In 1988 David Fichter, with the help of volunteers, painted the Freedom Quilt Mural on the side of the American Friends Service Committee Building in Atlanta, Georgia. The mural was created as part of the Rainbow Coalition events during the 1988 Democratic National Convention. In February 2015 the building, owned by Georgia State University, was torn down – taking the mural with it. The quilted mural is thematically focused on non-violent heroes of history that struggled for justice and peace. It includes the faces of Mubarak Awad, Nelson Mandela, Winnie Mandela, Desmond Tutu, Oscar Romero, Rogoberta Menchu, Leonard Peltier, Andrew Goodman, Fannie Lou Hamer, Daniel Berrigan, Martin Luther King Jr., Rosa Parks, Mahatma Gandhi, and Lucretia Mott. It also includes the antislavery figures of Frederick Douglass and Harriet Tubman. Tubman points towards the North Star. Multi-racial hands stitch the quilt together, joining heroes (both famous and unknown) from all strands of history.

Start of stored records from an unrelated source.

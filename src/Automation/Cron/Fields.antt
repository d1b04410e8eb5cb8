-- ===== src/Automation/Cron/Fields.antt =====
-- The values of a parsed field (`parseCronField` in internal/automation/cron.go).
use delmos.Base.{
  ℕ, zero, suc, ◌+◌, ◌-◌, ◌*◌, ◌%◌, ◌^◌, ◌≤◌, ◌<◌, ◌≡◌, ◌↔◌, arith, true, false, ◌||◌, Bool-cases,
  inl, inr, leb, ◌==◌,
}
use delmos.Automation.Cron.{values, step_values, holds, matches}

step_count : (k v step x : ℕ) → (x == v) ≡ false → x ≡ v + k * step → ℕ
step_count k v step x ne e = k - 1

step_sum :
    (k v step x : ℕ) (ne : (x == v) ≡ false) (e : x ≡ v + k * step)
    → x ≡ v + step + step_count k v step x ne e * step
unfolding step_count
step_sum zero v step x ne e = absurd (ground arith)
step_sum (suc k) v step x ne e = grind arith

-- The values of `min`, `min + step`, and so on up to `max`, for a step that leaves the sums below
-- 2 ^ 63, are those that the loop stores.
step_values-holds :
    (fuel v max step x : ℕ)
    → 0 < step
    → step + max < 2 ^ 63
    → v ≤ max + step
    → max + 1 < v + fuel
    → (holds x (step_values fuel v max step) ≡ true) ↔ ((k : ℕ) × (x ≡ v + k * step) × (x ≤ max))
unfolding step_values
step_values-holds zero v max step x pos room start enough =
    (λ h. absurd (cc), λ (k, e, le). absurd (omega arith))
step_values-holds (suc fuel) v max step x pos room start enough = elim (Bool-cases (leb v max)) [
  | inr past ↦
      let out : (leb v max || leb (2 ^ 63) v) ≡ false = ground arith in
      rw (out, step_values) (λ h. absurd (cc), λ (k, e, le). absurd (ground arith))
  | inl inside ↦
      let stay : (leb v max || leb (2 ^ 63) v) ≡ true = ground arith in
      let sum : (v + step) % 2 ^ 64 ≡ v + step = ground arith in
      let ih = step_values-holds fuel (v + step) max step x pos room (ground arith) (omega arith) in
      rw (stay, sum, step_values)
        (
          λ h. elim (Bool-cases (x == v)) [
            | inl here ↦ (0, ground arith, ground arith)
            | inr later ↦ let (k, e, le) = ih.0 (rw later at h) in (suc k, grind arith, le)
          ],
          λ (k, e, le). elim (Bool-cases (x == v)) [
            | inl here ↦ rw here
            | inr later ↦
                rw later (ih.1 (step_count k v step x later e, step_sum k v step x later e, le))
          ],
        )
]

-- A step "*/n" in a field from 0 or from 1 matches the values of the field that lie a multiple of n
-- after the first, for every n that no sum takes out of an int64.
pub step_values-matches :
    (min max n x : ℕ)
    → 0 < n
    → n + max < 2 ^ 63
    → min ≤ 1
    → (matches (values (step_values (max + 4) min max n)) x ≡ true)
      ↔ ((k : ℕ) × (x ≡ min + k * n) × (x ≤ max))
step_values-matches min max n x pos room low =
    step_values-holds (max + 4) min max n x pos room (omega arith) (omega arith)
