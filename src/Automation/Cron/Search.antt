-- ===== src/Automation/Cron/Search.antt =====
-- The search of `nextCronMatch` over the minutes (internal/automation/cron.go).
use mathlib.Core.Path.{subst, sym}
use delmos.Base.{
  ℕ, zero, suc, ◌+◌, ◌-◌, ◌*◌, ◌%◌, ◌/◌, ◌≤◌, ◌<◌, ◌≡◌, arith, String, true, false, Option, none,
  some, Result, ok, err, Bool-cases, Result-cases, inl, inr,
}
use delmos.Automation.Clock.{minute, civil}
use delmos.Automation.Cron.{
  CronError, CronFields, no_match, fits, search_minutes, first_candidate, max_iterations,
  next_cron_match, parse_cron, or_no_match,
}

-- No minute from `c` on, `n` of them, matches.
abbrev pub Barren : CronFields → ℕ → ℕ → Type 0
Barren f c n = (j : ℕ) → j < n → fits f (civil (c + j * minute)) ≡ false

-- What the loop returns when it starts at `c` with `n` iterations.
pub data Searched (f : CronFields) (c n : ℕ) : Option ℕ → Type 0 where
  found :
      (i : ℕ)
      → i < n
      → fits f (civil (c + i * minute)) ≡ true
      → Barren f c i
      → Searched f c n (some (c + i * minute))
  missed : Barren f c n → Searched f c n none

Barren-next :
    (f : CronFields) (c n : ℕ)
    → fits f (civil c) ≡ false
    → Barren f (c + minute) n
    → Barren f c (suc n)
Barren-next f c n here later zero h = rw (same) here
  where
    same : c + 0 * minute ≡ c
    same = omega arith
Barren-next f c n here later (suc j) h = rw (shift) (later j (omega arith))
  where
    shift : c + suc j * minute ≡ c + minute + j * minute
    shift = omega arith

Searched-next :
    (f : CronFields) (c n : ℕ) (r : Option ℕ)
    → fits f (civil c) ≡ false
    → Searched f (c + minute) n r
    → Searched f c (suc n) r
Searched-next f c n r here (missed b) = missed (Barren-next f c n here b)
Searched-next f c n r here (found i h m b) =
    let shift : c + minute + i * minute ≡ c + suc i * minute = omega arith in
    rw shift (found (suc i) (omega arith) (rw shift at m) (Barren-next f c i here b))

pub search_minutes-Searched : (f : CronFields) (n c : ℕ) → Searched f c n (search_minutes f n c)
unfolding search_minutes
search_minutes-Searched f zero c = missed (λ j h. elim h [ ])
search_minutes-Searched f (suc n) c = elim (Bool-cases (fits f (civil c))) [
  | inl match ↦
      let same : c ≡ c + 0 * minute = omega arith in
      rw (match, search_minutes)
        (subst (λ t. Searched f c (suc n) (some t)) (sym same)
          (found 0 (omega arith) (rw same at match) (λ j h. elim h [ ])))
  | inr other ↦
      rw (other, search_minutes)
        (Searched-next f c n _ other (search_minutes-Searched f n (c + minute)))
]

-- The first matching minute strictly after `from`, at most 366 days ahead.
pub record NextMatch (f : CronFields) (from t : ℕ) : Type 0 where
  pub later : from < t
  pub whole : t % minute ≡ 0
  pub near : t ≤ from + max_iterations * minute
  pub fitting : fits f (civil t) ≡ true
  pub first : (u : ℕ) → from < u → u < t → u % minute ≡ 0 → fits f (civil u) ≡ false

pub data NextOutcome (f : CronFields) (from : ℕ) : Result CronError ℕ → Type 0 where
  next : (t : ℕ) → NextMatch f from t → NextOutcome f from (ok t)
  never :
      ((u : ℕ)
        → from < u
        → u + minute ≤ from + max_iterations * minute
        → u % minute ≡ 0
        → fits f (civil u) ≡ false)
      → NextOutcome f from (err no_match)

-- A whole minute after `from` is one of the candidates.
candidate_of :
    (from u : ℕ)
    → from < u
    → u % minute ≡ 0
    → first_candidate from + (u / minute - (from + minute) / minute) * minute ≡ u
candidate_of from u h w = omega arith

Barren-before :
    (f : CronFields) (from n u : ℕ)
    → Barren f (first_candidate from) n
    → from < u
    → u < first_candidate from + n * minute
    → u % minute ≡ 0
    → fits f (civil u) ≡ false
Barren-before f from n u b h near w =
    let j = u / minute - (from + minute) / minute in
    let hit = b j (omega arith) in rw (candidate_of from u h w) at hit

Searched-NextOutcome :
    (f : CronFields) (from : ℕ) (r : Option ℕ)
    → Searched f (first_candidate from) max_iterations r
    → NextOutcome f from (or_no_match r)
Searched-NextOutcome f from r (missed b) =
    never (λ u h near w. Barren-before f from max_iterations u b h (omega arith) w)
Searched-NextOutcome f from r (found i h m b) = next (first_candidate from + i * minute) (record {
  later = omega arith;
  whole = omega arith;
  near = omega arith;
  fitting = m;
  first = λ u after before w. Barren-before f from i u b after before w;
})

-- On an expression that parses, `nextCronMatch` returns the first matching minute strictly after
-- the moment given, at most 366 days after it; and it reports that there is none only if no whole
-- minute that ends within those 366 days matches.
pub next_cron_match-NextOutcome :
    (cron : String) (f : CronFields) (from : ℕ)
    → parse_cron cron ≡ ok f
    → NextOutcome f from (next_cron_match cron from)
unfolding next_cron_match
next_cron_match-NextOutcome cron f from h =
    rw (h, next_cron_match)
      (Searched-NextOutcome f from _
        (search_minutes-Searched f max_iterations (first_candidate from)))

outcome_later :
    (f : CronFields) (from : ℕ) (r : Result CronError ℕ) (t : ℕ)
    → NextOutcome f from r
    → r ≡ ok t
    → from < t
outcome_later f from r t (next u m) h = let same : u ≡ t = cc in rw (← same) m.later
outcome_later f from r t (never b) h = absurd (cc)

-- A time that `nextCronMatch` returns lies after the moment given.
pub next_cron_match-later :
    (cron : String) (from t : ℕ) → next_cron_match cron from ≡ ok t → from < t
next_cron_match-later cron from t h = elim (Result-cases (parse_cron cron)) [
  | inr (e, bad) ↦ absurd (unfold next_cron_match in cc (rw (bad, next_cron_match) at h))
  | inl (f, good) ↦ outcome_later f from _ t (next_cron_match-NextOutcome cron f from good) h
]
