-- ===== src/Automation/Cron/Tests.antt =====
-- Calendar expressions; times are nanoseconds since 1970-01-01.
use delmos.Base.{ℕ, ◌≡◌, ◌≤◌, ◌+◌, ◌*◌, ◌↔◌, refl, arith, true, [], ◌∷◌, ok, err}
use delmos.Automation.Clock.{second, minute, civil}
use delmos.Automation.Cron.{
  wildcard, values, CronFields, field_count, bad_value, matches, step_values, parse_cron,
  parse_cron_field, parse_words, parse_part, parse_parts, words_from, split_from, atoi,
  digits_value, next_cron_match, search_minutes,
}
use delmos.Automation.Cron.Search.{NextOutcome, next_cron_match-NextOutcome}
use delmos.Automation.Cron.Fields.{step_values-matches}

abbrev quarterly : CronFields
quarterly = record {
  minute_field = values (0 ∷ 15 ∷ 30 ∷ 45 ∷ []);
  hour_field = wildcard;
  dom_field = wildcard;
  month_field = wildcard;
  dow_field = wildcard;
}

parsed : parse_cron "*/15 * * * *" ≡ ok quarterly
unfolding parse_cron parse_words words_from parse_cron_field parse_parts parse_part split_from atoi
    digits_value step_values
parsed = refl

four_fields : parse_cron "* * * *" ≡ err field_count
unfolding parse_cron parse_words words_from
four_fields = refl

no_hour_24 : parse_cron "0 24 * * *" ≡ err bad_value
unfolding parse_cron parse_words words_from parse_cron_field parse_parts parse_part split_from atoi
    digits_value step_values
no_hour_24 = refl

-- 00:07:30 is followed by 00:15.
next_quarter : next_cron_match "*/15 * * * *" (450 * second) ≡ ok (15 * minute)
unfolding next_cron_match search_minutes parse_cron parse_words words_from parse_cron_field
    parse_parts parse_part split_from atoi digits_value step_values civil
next_quarter = refl

next_cron_match-NextOutcome_example :
    NextOutcome quarterly (450 * second) (next_cron_match "*/15 * * * *" (450 * second))
next_cron_match-NextOutcome_example =
    next_cron_match-NextOutcome "*/15 * * * *" quarterly (450 * second) parsed

step_values-matches_example :
    (matches (values (step_values 63 0 59 15)) 30 ≡ true)
    ↔ ((k : ℕ) × (30 ≡ 0 + k * 15) × (30 ≤ 59))
step_values-matches_example =
    step_values-matches 0 59 15 30 (omega arith) (omega arith) (omega arith)
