-- ===== src/Automation/Outbox.antt =====
-- The transactional outbox: events (internal/automation/envelope.go) and their routing to
-- deliveries (internal/automation/dispatcher.go).
pub mod Dispatch
mod Tests
use delmos.Base.{
  ℕ, zero, suc, ◌+◌, String, Bool, true, false, not, ◌&&◌, Option, none, some, List, [], ◌∷◌, ◌++◌,
  Dict, str_eq, ◌==◌, if◌then◌else◌, length,
}
use delmos.Automation.Value.{Value}

-- `Envelope`; identifiers and times are numbers.
pub record Envelope : Type 0 where
  pub event_id : ℕ
  pub event_key : String
  pub schema_version : String
  pub source : String
  pub occurred_at : ℕ
  pub scope_type : String
  pub scope_id : Option ℕ
  pub actor_user_id : Option ℕ
  pub correlation_id : ℕ
  pub causation_id : ℕ
  pub payload : Dict Value

-- A row of core.event_outbox. The list of rows is in the order of created_at.
pub record OutboxRow : Type 0 where
  pub id : ℕ
  pub event_key : String
  pub project_id : Option ℕ
  pub envelope : Envelope
  pub dispatched_at : Option ℕ

-- A row of core.trigger_subscriptions.
pub record Subscription : Type 0 where
  pub id : ℕ
  pub trigger_key : String
  pub event_key : String
  pub active : Bool

pub data Status : Type 0 where
  pending leased delivered dead_letter : Status

-- A row of core.event_deliveries. The list of rows is in the order of created_at.
pub record Delivery : Type 0 where
  pub id : ℕ
  pub outbox_event_id : ℕ
  pub subscription_id : ℕ
  pub status : Status
  pub lease_token : Option ℕ
  pub lease_until : Option ℕ
  pub delivery_attempts : ℕ
  pub max_attempts : ℕ
  pub last_error : Option String
  pub completed_at : Option ℕ

-- The tables of the engine. `next_id` is the supply behind gen_random_uuid().
pub record Queue : Type 0 where
  pub outbox : List OutboxRow
  pub subscriptions : List Subscription
  pub deliveries : List Delivery
  pub next_id : ℕ

-- `EmitEvent`, with the fresh event id and the time as arguments.
abbrev pub emit_event : ℕ → ℕ → String → Option ℕ → Option ℕ → ℕ → Dict Value → Queue → Queue
emit_event event_id now event_key project_id actor_user_id correlation_id payload q = record q {
  outbox =
      q.outbox
      ++ record {
        id = q.next_id;
        event_key = event_key;
        project_id = project_id;
        envelope = record {
          event_id = event_id;
          event_key = event_key;
          schema_version = "1.0.0";
          source = "delmos.core";
          occurred_at = now;
          scope_type = "project";
          scope_id = project_id;
          actor_user_id = actor_user_id;
          correlation_id = correlation_id;
          causation_id = correlation_id;
          payload = payload;
        };
        dispatched_at = none;
      }
        ∷ [];
  next_id = q.next_id + 1;
}

-- The columns that the insert leaves to their defaults: status pending, five attempts at most.
abbrev pub new_delivery : ℕ → ℕ → ℕ → Delivery
new_delivery id outbox_event_id subscription_id = record {
  id = id;
  outbox_event_id = outbox_event_id;
  subscription_id = subscription_id;
  status = pending;
  lease_token = none;
  lease_until = none;
  delivery_attempts = 0;
  max_attempts = 5;
  last_error = none;
  completed_at = none;
}

abbrev pub subscribes : String → Subscription → Bool
subscribes event_key s = str_eq s.event_key event_key && s.active

-- INSERT INTO core.event_deliveries ... SELECT, for one event: a delivery for each active
-- subscription to its key. The first number is the next fresh id.
pub route : ℕ → OutboxRow → List Subscription → List Delivery
route next r [] = []
route next r (s ∷ ss) =
    let here = subscribes r.event_key s in
    let rest = route (if here then next + 1 else next) r ss in
    if here then new_delivery next r.id s.id ∷ rest else rest

abbrev pub undispatched : OutboxRow → Bool
undispatched r = elim r.dispatched_at [ none ↦ true | some t ↦ false ]

-- The pending rows, `limit` of them at most: the query of `DispatchPending` has LIMIT 100.
pub pending_rows : ℕ → List OutboxRow → List OutboxRow
pending_rows zero rows = []
pending_rows (suc limit) [] = []
pending_rows (suc limit) (r ∷ rows) =
    let taken = pending_rows limit rows in
    let passed = pending_rows (suc limit) rows in if undispatched r then r ∷ taken else passed

-- UPDATE core.event_outbox SET dispatched_at = now() WHERE id = $1
pub mark_dispatched : ℕ → ℕ → List OutboxRow → List OutboxRow
mark_dispatched now id [] = []
mark_dispatched now id (r ∷ rows) =
    (if r.id == id then record r { dispatched_at = some now } else r) ∷ mark_dispatched now id rows

-- The loop over the pending rows.
pub dispatch_rows : ℕ → List OutboxRow → Queue → Queue
unfolding route mark_dispatched
dispatch_rows now [] q = q
dispatch_rows now (r ∷ rows) q =
    let made = route q.next_id r q.subscriptions in
    dispatch_rows now rows (record q {
      outbox = mark_dispatched now r.id q.outbox;
      deliveries = q.deliveries ++ made;
      next_id = q.next_id + length made;
    })

-- `DispatchPending`: the tables after it, and how many rows of the outbox it took.
pub dispatch_pending : ℕ → Queue → Queue × ℕ
unfolding pending_rows dispatch_rows
dispatch_pending now q =
    let rows = pending_rows 100 q.outbox in (dispatch_rows now rows q, length rows)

This large mural by Joshua Sarantitis, Lincoln Legacy, can be read from left to right, moving from Africa to America. The shape of Africa adorns the backdrop until the wooden boards of the slave ship transform into the American flag. Around the young child’s neck are three medallions: Abraham Lincoln’s face, Josiah Wedgwood’s abolitionist icon “Am I Not a Man and a Brother,” and Frederick Douglass' face. Made up of over 1 million glass mosaic tiles, it is the largest Venetian glass tile mural in Philadelphia at over 10,000 square feet. Located a block away from the Liberty Bell and Independence Mall, it is one of the few murals to be created in Philadelphia’s wealthier districts.
As part of a Rochester WALL\THERAPY mural project in 2013, muralist Lunar New Year used Trayvon Martin, a young Frederick Douglass, and a local resident called Christopher to depict three possible paths of African American manhood in his mural I Am/Yo Soy. The young boy on the edge of the mural pleads to the North Star in the sky in a position that echoes Josiah Wedgwood’s famous 18th-century "Am I Not a Man and a Brother" medallion. An older version of Douglass then sits on the right side on the mural, as the only figure beyond the real and painted chain link fences.Lunar New Year, who is an Ecuadorian American Newark-based artist, explained that the mural is about “the history of institutionalized injustice in the USA… Injustice forged Frederick Douglass’s character, robbed Trayvon Martin of his life and [it] is up to us, to dictate what future awaits for young 7 year old Christopher from Rochester.”
Am I Not a Man and a Brother? was a piece of documentary theatre devised by Reveal Theatre Company in partnership with North Staffordshire Racial Equality Council. It used stories and testimony from the African Caribbean community in Stoke-on-Trent and North Staffordshire, interwoven with historical and contemporary slave stories. The play was produced by Robert Marsden and Julia Barton. The production was launched at the Stoke-on-Trent Racial Equality Council - where it was performed to the local people who had contributed their stories and was accompanied by a performance by a local Black choir - and then toured to venues in Bristol, London and Liverpool.